▶ [PROMPT]:
Wherever the line with "abbrev pub event_synchronize" sits in the listing below, transcribe from it up to and including the line with "W → ℕ × Thread W", exactly, and leave the remaining lines out.

▶ [RECORDS TO PROCESS]:

-- ===== src/Ascend/Graphs.antt =====
-- Capture and launch of graphs in src/native/ascend/runtime_.h.
use infini_rt.Base.{
  ℕ, ◌≡◌, refl, ap, sym, ◌∙◌, true, false, ◌==◌, if◌then◌else◌, some, arith, Bool-cases,
  Option-cases, inl, inr,
}
use infini_rt.Ascend.{
  Acl, Process, RiApi, load_api, graph_api, stream_begin_capture, stream_end_capture, graph_destroy,
  graph_instantiate, graph_launch, graph_api_from, load_symbols, open_again, available, returns,
  unsupported,
}

available-destroy : (a : RiApi) → available a ≡ true → (a.destroy == 0) ≡ false
unfolding available
available-destroy a h = ground (arith, h)

module _ {W : Type 0} (acl : Acl W) where
  -- Where the probe finds the graph functions, all five come from one library: the default scope,
  -- the library that was loaded already, or the one that the probe loads.
  pub load_api-available :
      (w : W)
      → available (load_api acl w).0 ≡ true
      → (lib : ℕ) × (load_api acl w).0 ≡ load_symbols acl lib (load_api acl w).1
  unfolding load_api
  load_api-available w h = elim (Bool-cases (available (load_symbols acl 0 w))) [
    | inl e ↦ rw e (0, refl)
    | inr e ↦ elim (Bool-cases ((open_again acl (acl.dlopen true w)).0 == 0)) [
      | inl z ↦ absurd (ground (arith, h, e, z))
      | inr z ↦ rw (e, z) (_, refl)
    ]
  ]

  graph_api-some : (p : Process W) (a : RiApi) → p.graph_api ≡ some a → graph_api acl p ≡ (a, p)
  unfolding graph_api
  graph_api-some p a e = ap (λ o. graph_api_from acl o p) e

  -- Where one of the five functions is missing, a capture neither begins nor ends and no graph is
  -- launched: each gives the status 1, keeps the graph, and changes nothing after the probe.
  pub unavailable_lem :
      (p : Process W) (stream mode graph graph_exec : ℕ)
      → available (graph_api acl p).0 ≡ false
      → (stream_begin_capture acl stream mode p ≡ (unsupported, (graph_api acl p).1))
        × (stream_end_capture acl stream graph p ≡ (unsupported, graph, (graph_api acl p).1))
        × (graph_launch acl graph_exec stream p ≡ (unsupported, (graph_api acl p).1))
  unfolding stream_begin_capture stream_end_capture graph_launch
  unavailable_lem p stream mode graph graph_exec h = (rw h refl, rw h refl, rw h refl)

  graph_api-cached : (p : Process W) → (graph_api acl p).1.graph_api ≡ some (graph_api acl p).0
  unfolding graph_api
  graph_api-cached p = elim (Option-cases p.graph_api) [
    | inl e ↦ rw e refl
    | inr (a, e) ↦ rw e refl
  ]

  end_capture-cached :
      (p : Process W) (stream graph : ℕ)
      → (stream_end_capture acl stream graph p).2.graph_api ≡ some (graph_api acl p).0
  unfolding stream_end_capture
  end_capture-cached p stream graph = ground (arith, graph_api-cached p)

  end_capture-available :
      (p : Process W) (stream graph : ℕ)
      → (stream_end_capture acl stream graph p).0 ≡ 0
      → available (graph_api acl p).0 ≡ true
  unfolding stream_end_capture
  end_capture-available p stream graph h = ground (arith, h)

  -- A capture that ends with success leaves the graph functions available, and the graph that it
  -- stores is the one that an instance of it launches and that the destruction of it destroys,
  -- unless it is a null pointer.
  pub captured-launch :
      (p p' : Process W) (stream graph model : ℕ)
      → stream_end_capture acl stream graph p ≡ (0, model, p')
      → (available (graph_api acl p').0 ≡ true)
        × (graph_launch acl (graph_instantiate acl model p').1 stream p'
            ≡ returns p'
                (acl.execute_async (graph_api acl p').0.execute_async model stream p'.world))
        × (graph_destroy acl model p' ≡ (
            if model == 0
            then (0, p')
            else returns p' (acl.destroy (graph_api acl p').0.destroy model p'.world)))
  unfolding graph_launch graph_destroy
  captured-launch p p' stream graph model h =
      let a = end_capture-available p stream graph (ap (λ o. o.0) h) in
      let q : graph_api acl p' ≡ ((graph_api acl p).0, p') =
        graph_api-some p' _ (sym (ap (λ o. o.2.graph_api) h) ∙ end_capture-cached p stream graph) in
      (rw q a, rw (q, a) refl, rw (q, available-destroy _ a) refl)
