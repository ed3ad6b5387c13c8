-- ===== src/Cambricon.antt =====
-- `Runtime<kCambricon>` of src/native/cambricon/runtime_.h, where it has code of its own. CNRT is a
-- parameter. A status is a number, with 0 for `kSuccess`; a pointer, queue or handle is a number,
-- with 0 for null.
use infini_rt.Base.{ℕ, ◌%◌, ◌^◌, ◌<◌, ◌≡◌, refl, Bool, false, ◌==◌, ◌&&◌, if◌then◌else◌, arith, inr}
use infini_rt.Device.{Device, DeviceType, cambricon, type_eq}
use infini_rt.Facade.{Facade, Allocates, Answers}
use infini_rt.Pool.Machine.{State, ok}
use infini_rt.Pool.Entry.{create}
use infini_rt.Pool.Reach.{Machine, Run}
use infini_rt.Pool.Sound.{IsSound}
use infini_rt.Pool.Lifetime.{new_machine, create-Run-IsSound}

-- The functions of CNRT. What an out parameter holds afterwards stands behind the status.
pub record Cnrt (W : Type 0) : Type 0 where
  pub set_device : ℕ → W → ℕ × W
  pub get_device : W → ℕ × ℕ
  -- The out parameter is given as it is before the call.
  pub get_device_count : ℕ → W → ℕ × ℕ × W
  pub malloc : ℕ → W → ℕ × ℕ × W
  pub free : ℕ → W → ℕ × W
  pub memcpy : ℕ → ℕ → ℕ → ℕ → W → ℕ × W
  -- The queue comes before the kind of the copy.
  pub memcpy_async_v2 : ℕ → ℕ → ℕ → ℕ → ℕ → W → ℕ × W
  pub queue_create : W → ℕ × ℕ × W
  pub queue_destroy : ℕ → W → ℕ × W
  pub queue_sync : ℕ → W → ℕ × W
  pub queue_end_capture : ℕ → ℕ → W → ℕ × ℕ × W
  pub task_topo_destroy : ℕ → W → ℕ × W
  -- The error node and the log buffer with its size come behind the graph.
  pub task_topo_instantiate : ℕ → ℕ → ℕ → ℕ → W → ℕ × ℕ × W
  pub task_topo_entity_destroy : ℕ → W → ℕ × W

-- `Unsupported`.
abbrev pub unsupported : ℕ
unsupported = 1

module _ {W : Type 0} (cnrt : Cnrt W) where
  -- The count is an `unsigned int` that becomes the 32-bit pattern of an `int`. It is written
  -- whatever the status is.
  unfoldable pub get_device_count : W → ℕ × ℕ × W
  get_device_count w =
      let (status, device_count, w1) = cnrt.get_device_count 0 w in
      (status, device_count % 2 ^ 32, w1)

  abbrev pub memcpy : ℕ → ℕ → ℕ → ℕ → W → ℕ × W
  memcpy dst src size kind w = cnrt.memcpy dst src size kind w

  abbrev pub memcpy_async : ℕ → ℕ → ℕ → ℕ → ℕ → W → ℕ × W
  memcpy_async dst src size kind stream w = cnrt.memcpy_async_v2 dst src size stream kind w

  abbrev pub stream_end_capture : ℕ → ℕ → W → ℕ × ℕ × W
  stream_end_capture stream graph w = cnrt.queue_end_capture stream graph w

  unfoldable pub graph_destroy : ℕ → W → ℕ × W
  graph_destroy graph w = if graph == 0 then (0, w) else cnrt.task_topo_destroy graph w

  abbrev pub graph_instantiate : ℕ → W → ℕ × ℕ × W
  graph_instantiate graph w = cnrt.task_topo_instantiate graph 0 0 0 w

  unfoldable pub graph_exec_destroy : ℕ → W → ℕ × W
  graph_exec_destroy graph_exec w =
      if graph_exec == 0 then (0, w) else cnrt.task_topo_entity_destroy graph_exec w

-- What is not supported, with the out parameters and the world as they were.
module _ {W : Type 0} where
  abbrev pub malloc_host : ℕ → W → ℕ × ℕ × W
  malloc_host size w = (unsupported, 0, w)

  abbrev pub malloc_async : ℕ → ℕ → W → ℕ × ℕ × W
  malloc_async size stream w = (unsupported, 0, w)

  abbrev pub free_host : ℕ → W → ℕ × W
  free_host ptr w = (unsupported, w)

  abbrev pub free_async : ℕ → ℕ → W → ℕ × W
  free_async ptr stream w = (unsupported, w)

  abbrev pub mem_get_info : W → ℕ × W
  mem_get_info w = (unsupported, w)

  abbrev pub stream_wait_event : ℕ → ℕ → ℕ → W → ℕ × W
  stream_wait_event stream event flags w = (unsupported, w)

  abbrev pub event_create : W → ℕ × W
  event_create w = (unsupported, w)

  abbrev pub event_create_with_flags : ℕ → W → ℕ × W
  event_create_with_flags flags w = (unsupported, w)

  abbrev pub event_record : ℕ → ℕ → W → ℕ × W
  event_record event stream w = (unsupported, w)

  abbrev pub event_query : ℕ → W → ℕ × W
  event_query event w = (unsupported, w)

  abbrev pub event_synchronize : ℕ → W → ℕ × W
  event_synchronize event w = (unsupported, w)

  abbrev pub event_destroy : ℕ → W → ℕ × W
  event_destroy event w = (unsupported, w)

  abbrev pub event_elapsed_time : ℕ → ℕ → W → ℕ × W
  event_elapsed_time start end w = (unsupported, w)

-- A thread's selected device type, and the world of CNRT.
pub record Thread (W : Type 0) : Type 0 where
  pub selected : DeviceType
  pub world : W

abbrev after_status : {W : Type 0} → Thread W → ℕ × W → ℕ × Thread W
after_status t (status, w) = (status, record t { world = w })

abbrev after_out : {W : Type 0} → Thread W → ℕ × ℕ × W → ℕ × ℕ × Thread W
after_out t (status, out, w) = (status, out, record t { world = w })

-- The facade that a build with this backend alone gives.
abbrev pub cambricon_facade : {W : Type 0} → Cnrt W → Facade (Thread W)
cambricon_facade cnrt = record {
  device_enabled = λ d. type_eq d cambricon;
  with_nvidia = false;
  runtime_device_type = λ t. t.selected;
  set_runtime_device_type = λ d t. record t { selected = d };
  get_device = λ t. cnrt.get_device t.world;
  set_device = λ i t. after_status t (cnrt.set_device i t.world);
  malloc = λ size t. after_out t (cnrt.malloc size t.world);
  malloc_async = λ size stream t. after_out t (malloc_async size stream t.world);
  free = λ ptr t. after_status t (cnrt.free ptr t.world);
  free_async = λ ptr stream t. after_status t (free_async ptr stream t.world);
  stream_create = λ t. after_out t (cnrt.queue_create t.world);
  stream_destroy = λ stream t. after_status t (cnrt.queue_destroy stream t.world);
  stream_synchronize = λ stream t. after_status t (cnrt.queue_sync stream t.world);
  is_capturing = λ stream t. (0, false);
}

-- What CNRT documents of device memory.
pub record CnrtAllocates {W : Type 0} (cnrt : Cnrt W) : Type 0 where
  pub live : W → ℕ → Bool
  pub malloc-Answers :
      (n : ℕ) (w : W)
      → 0 < n
      → Answers live w (cnrt.malloc n w).0 (cnrt.malloc n w).1 (cnrt.malloc n w).2
  pub live-free :
      (p q : ℕ) (w : W)
      → live (cnrt.free p w).1 q ≡ (if (cnrt.free p w).0 == 0 && (q == p) then false else live w q)
  pub live-set_device : (i q : ℕ) (w : W) → live (cnrt.set_device i w).1 q ≡ live w q
  pub live-create : (q : ℕ) (w : W) → live (cnrt.queue_create w).2 q ≡ live w q
  pub live-destroy : (s q : ℕ) (w : W) → live (cnrt.queue_destroy s w).1 q ≡ live w q
  pub live-sync : (s q : ℕ) (w : W) → live (cnrt.queue_sync s w).1 q ≡ live w q

module _ {W : Type 0} (cnrt : Cnrt W) (a : CnrtAllocates cnrt) where
  pub cambricon_facade-Allocates : Allocates (cambricon_facade cnrt)
  cambricon_facade-Allocates = record {
    live = λ t q. a.live t.world q;
    malloc-Answers = λ n t h. a.malloc-Answers n t.world h;
    malloc_async-Answers = λ n stream t h. inr (omega arith, refl, λ q. refl);
    live-free = λ p q t. a.live-free p q t.world;
    live-free_async = λ p stream q t. refl;
    live-set_type = λ d q t. refl;
    live-set_device = λ i q t. a.live-set_device i q t.world;
    live-synchronize = λ stream q t. a.live-sync stream q t.world;
    live-destroy = λ stream q t. a.live-destroy stream q t.world;
    live-create = λ q t. a.live-create q t.world;
  }

  -- With a CNRT that allocates as it documents, a pool that was constructed on this backend is
  -- sound in every state that any allowed calls reach.
  pub cambricon_pool-IsSound :
      (device : Device) (t t' : Thread W) (s : State) {n : Machine (Thread W)}
      → create (cambricon_facade cnrt) device t ≡ (ok s, t')
      → Run (cambricon_facade cnrt) (new_machine s t') n
      → IsSound (cambricon_facade cnrt) cambricon_facade-Allocates n
  cambricon_pool-IsSound device t t' s h r =
      create-Run-IsSound (cambricon_facade cnrt) cambricon_facade-Allocates device t t' s h r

▶ [EXERCISE ANSWER]:
  abbrev pub event_synchronize : ℕ → W → ℕ × W
  event_synchronize event w = (unsupported, w)

  abbrev pub event_destroy : ℕ → W → ℕ × W
  event_destroy event w = (unsupported, w)

  abbrev pub event_elapsed_time : ℕ → ℕ → W → ℕ × W
  event_elapsed_time start end w = (unsupported, w)

-- A thread's selected device type, and the world of CNRT.
pub record Thread (W : Type 0) : Type 0 where
  pub selected : DeviceType
  pub world : W

abbrev after_status : {W : Type 0} → Thread W → ℕ × W → ℕ × Thread W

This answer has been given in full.